A global ocean state estimation using tidally induced vertical-mixing schemes

We updated the Estimated STate of the global Ocean for Climate research (ESTOC), a long-term ocean state estimation dataset that includes physical and biogeochemical fields. The physical field is optimized through a data synthesis experiment using a quasi-global four-dimensional variational data assimilation system, and under the optimized physical field, the biogeochemical field is optimized by using a Green’s function. To improve the reliability of the dynamics reproduced in the model, we implemented tidally induced turbulent mixing schemes and geothermal heat flux. This paper provides an overview of the assimilation system with an emphasis on updated elements and including details of the mixing schemes and presents preliminary results focusing on the warming in the abyssal ocean (below 3000 m) using this updated ESTOC published as Version 04a.
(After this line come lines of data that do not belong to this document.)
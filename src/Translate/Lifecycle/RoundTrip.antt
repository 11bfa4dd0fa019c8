-- ===== src/Translate/Lifecycle/RoundTrip.antt =====
-- GCS lifecycles shown to an S3 client by `TranslateGCSToS3Lifecycle` and written back unchanged by
-- `TranslateS3ToGCSLifecycle`.
use s3proxy4gcs.Base.{
  ltb, ℕ, suc, ◌<◌, ◌≡◌, ◌≢◌, inl, inr, refl, sym, ap, true, false, List, [], ◌∷◌, Text, codes,
  text_eq, text_eq_iff, arith, All, Bool-cases, pos,
}
use s3proxy4gcs.Base.Result.{ok}
use s3proxy4gcs.Translate.Dates.{Date, zero_date, is_zero, is_civil}
use s3proxy4gcs.Translate.Dates.RoundTrip.{parse_s3_date-format_date}
use s3proxy4gcs.Translate.Gcs.{
  delete_action, set_storage_class_action, archived, LifecycleCondition, LifecycleRule, Lifecycle,
}
use s3proxy4gcs.Translate.Lifecycle.{
  Error, invalid_expiration_date, invalid_transition_date, action, no_condition, days_or,
  abort_rule, apply_sdk_filter, validate_filter, date_before, translate_expiration,
  translate_transition, translate_transitions, translate_noncurrent, translate_abort,
  translate_enabled, translate_rule, translate_rules, translate_s3_to_gcs_lifecycle,
}
use s3proxy4gcs.Translate.Lifecycle.StorageClass.{map_storage_class, reverse_map_storage_class}
use s3proxy4gcs.Translate.Lifecycle.Reverse.{
  positive_days, date_of, filter_of, reverse_rule, reverse_rules, translate_gcs_to_s3_lifecycle,
}

-- No prefix, or one that is not empty.
abbrev pub IsSinglePrefix : List Text → Type 0
IsSinglePrefix [] = Unit
IsSinglePrefix (p ∷ []) = p ≢ []
IsSinglePrefix (p ∷ q ∷ ps) = ⊥

abbrev pub IsDay : Date → Type 0
IsDay d = (d.year < 10000) × (is_civil d ≡ true)

-- The storage classes of GCS that a transition may name.
pub data GcsClass : Text → Type 0 where
  standard : GcsClass (codes "STANDARD")
  nearline : GcsClass (codes "NEARLINE")
  coldline : GcsClass (codes "COLDLINE")
  archive : GcsClass (codes "ARCHIVE")

abbrev pub aged : ℕ → Date → List Text → LifecycleCondition
aged n d ps = record no_condition { age_in_days = pos n; created_before = d; matches_prefix = ps }

abbrev pub newer : ℕ → List Text → LifecycleCondition
newer n ps = record no_condition {
  liveness = archived;
  num_newer_versions = pos n;
  matches_prefix = ps;
}

-- The GCS rules that S3 has words for.
pub data IsCommon : LifecycleRule → Type 0 where
  expire :
      (n : ℕ) (d : Date) (ps : List Text)
      → IsDay d
      → IsSinglePrefix ps
      → IsCommon (record { action = action delete_action []; condition = aged n d ps })
  transit :
      (n : ℕ) (d : Date) (ps : List Text) (c : Text)
      → IsDay d
      → IsSinglePrefix ps
      → GcsClass c
      → IsCommon (record { action = action set_storage_class_action c; condition = aged n d ps })
  expire_noncurrent :
      (n : ℕ) (ps : List Text)
      → IsSinglePrefix ps
      → IsCommon (record { action = action delete_action []; condition = newer n ps })
  abort : (n : ℕ) → IsCommon (abort_rule (pos (suc n)))

validate_filter-filter_of : (ps : List Text) → validate_filter (filter_of ps) ≡ ok tt
unfolding validate_filter
validate_filter-filter_of [] = refl
validate_filter-filter_of (p ∷ ps) = refl

text_eq-nil : (p : Text) → p ≢ [] → text_eq p [] ≡ false
text_eq-nil p h = ground (arith, text_eq_iff p [])

apply_sdk_filter-filter_of :
    (ps : List Text) (c : LifecycleCondition)
    → IsSinglePrefix ps
    → c.matches_prefix ≡ []
    → apply_sdk_filter (filter_of ps) c ≡ record c { matches_prefix = ps }
unfolding apply_sdk_filter
apply_sdk_filter-filter_of [] c h e = ground arith
apply_sdk_filter-filter_of (p ∷ []) c h e = rw (text_eq-nil p h)
apply_sdk_filter-filter_of (p ∷ q ∷ ps) c h e = absurd h

is_zero-zero_date : (d : Date) → is_zero d ≡ true → d ≡ zero_date
is_zero-zero_date d h = ground arith

date_before-date_of : (e : Text → Error) (d : Date) → IsDay d → date_before e (date_of d) ≡ ok d
unfolding date_before
date_before-date_of e d (y, c) = elim (Bool-cases (is_zero d)) [
  | inl zero ↦ rw zero (ap ok (sym (is_zero-zero_date d zero)))
  | inr later ↦ rw (later, parse_s3_date-format_date d y c)
]

days_or-positive_days : (n : ℕ) → days_or (pos 0) (positive_days (pos n)) ≡ pos n
days_or-positive_days n = ground arith

ltb-zero-suc : (n : ℕ) → ltb 0 (suc n) ≡ true
ltb-zero-suc n = ground arith

map-reverse_map : {c : Text} → GcsClass c → map_storage_class (reverse_map_storage_class c) ≡ c
unfolding map_storage_class reverse_map_storage_class text_eq
map-reverse_map standard = refl
map-reverse_map nearline = refl
map-reverse_map coldline = refl
map-reverse_map archive = refl

translate_rule-reverse_rule :
    (i : ℕ) {g : LifecycleRule} → IsCommon g → translate_rule (reverse_rule i g) ≡ ok (g ∷ [])
unfolding translate_rule translate_enabled reverse_rule text_eq translate_expiration
    translate_transition translate_transitions translate_noncurrent translate_abort
translate_rule-reverse_rule i (expire n d ps day single) = simp (
  validate_filter-filter_of,
  date_before-date_of invalid_expiration_date d day,
  apply_sdk_filter-filter_of ps no_condition single refl,
  days_or-positive_days,
)
translate_rule-reverse_rule i (transit n d ps c day single class) = simp (
  validate_filter-filter_of,
  date_before-date_of invalid_transition_date d day,
  apply_sdk_filter-filter_of ps no_condition single refl,
  days_or-positive_days,
  map-reverse_map class,
)
translate_rule-reverse_rule i (expire_noncurrent n ps single) = simp (
  validate_filter-filter_of,
  days_or-positive_days,
  apply_sdk_filter-filter_of ps (newer n []) single refl,
)
translate_rule-reverse_rule i (abort n) = rw (ltb-zero-suc n, validate_filter-filter_of [])

translate_rules-reverse_rules :
    (i : ℕ) (gs : List LifecycleRule)
    → All IsCommon gs
    → translate_rules (reverse_rules i gs) ≡ ok gs
unfolding translate_rules reverse_rules
translate_rules-reverse_rules i [] h = refl
translate_rules-reverse_rules i (g ∷ gs) (h, hs) =
    rw (translate_rule-reverse_rule i h, translate_rules-reverse_rules (suc i) gs hs)

-- A GCS lifecycle that is shown to an S3 client and written back unchanged gives the same GCS
-- lifecycle, if each of its rules is one that S3 has words for: an expiration or a transition to
-- one of the four storage classes by age and date with at most one prefix, the deletion of
-- noncurrent versions with at most one prefix, or the abortion of uploads after some days.
pub translate_s3_to_gcs_lifecycle-translate_gcs_to_s3_lifecycle :
    (l : Lifecycle)
    → All IsCommon l.rules
    → translate_s3_to_gcs_lifecycle (translate_gcs_to_s3_lifecycle l) ≡ ok l
unfolding translate_s3_to_gcs_lifecycle translate_gcs_to_s3_lifecycle
translate_s3_to_gcs_lifecycle-translate_gcs_to_s3_lifecycle l h =
    rw (translate_rules-reverse_rules 0 l.rules h)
The reproduction of both the climatological state and temporal change in abyssal-water properties is, on the whole, improved in this updated ESTOC in comparison with a previous version. This improved reproduction of the abyssal ocean state with the refined physical processes that play major roles in determining abyssal-water properties makes our new synthesized dataset valuable, at least for understanding the abyssal ocean. In this updated ESTOC, the abyssal-water warming results from a near-steady imbalance between the heating effect due to vertical diffusion and geothermal flux, and the cooling effect by advection and horizontal diffusion in the North Pacific, suggesting that the warming occurs over a long timescale. We also show that the downward heat flux related to bottom-intensified vertical mixing near the generation site of the internal tide plays an important role in determining the improved distribution of abyssal-water warming in the Pacific Ocean. These results suggest the importance of using knowledge of vertical mixing as a priori information in ocean state estimation.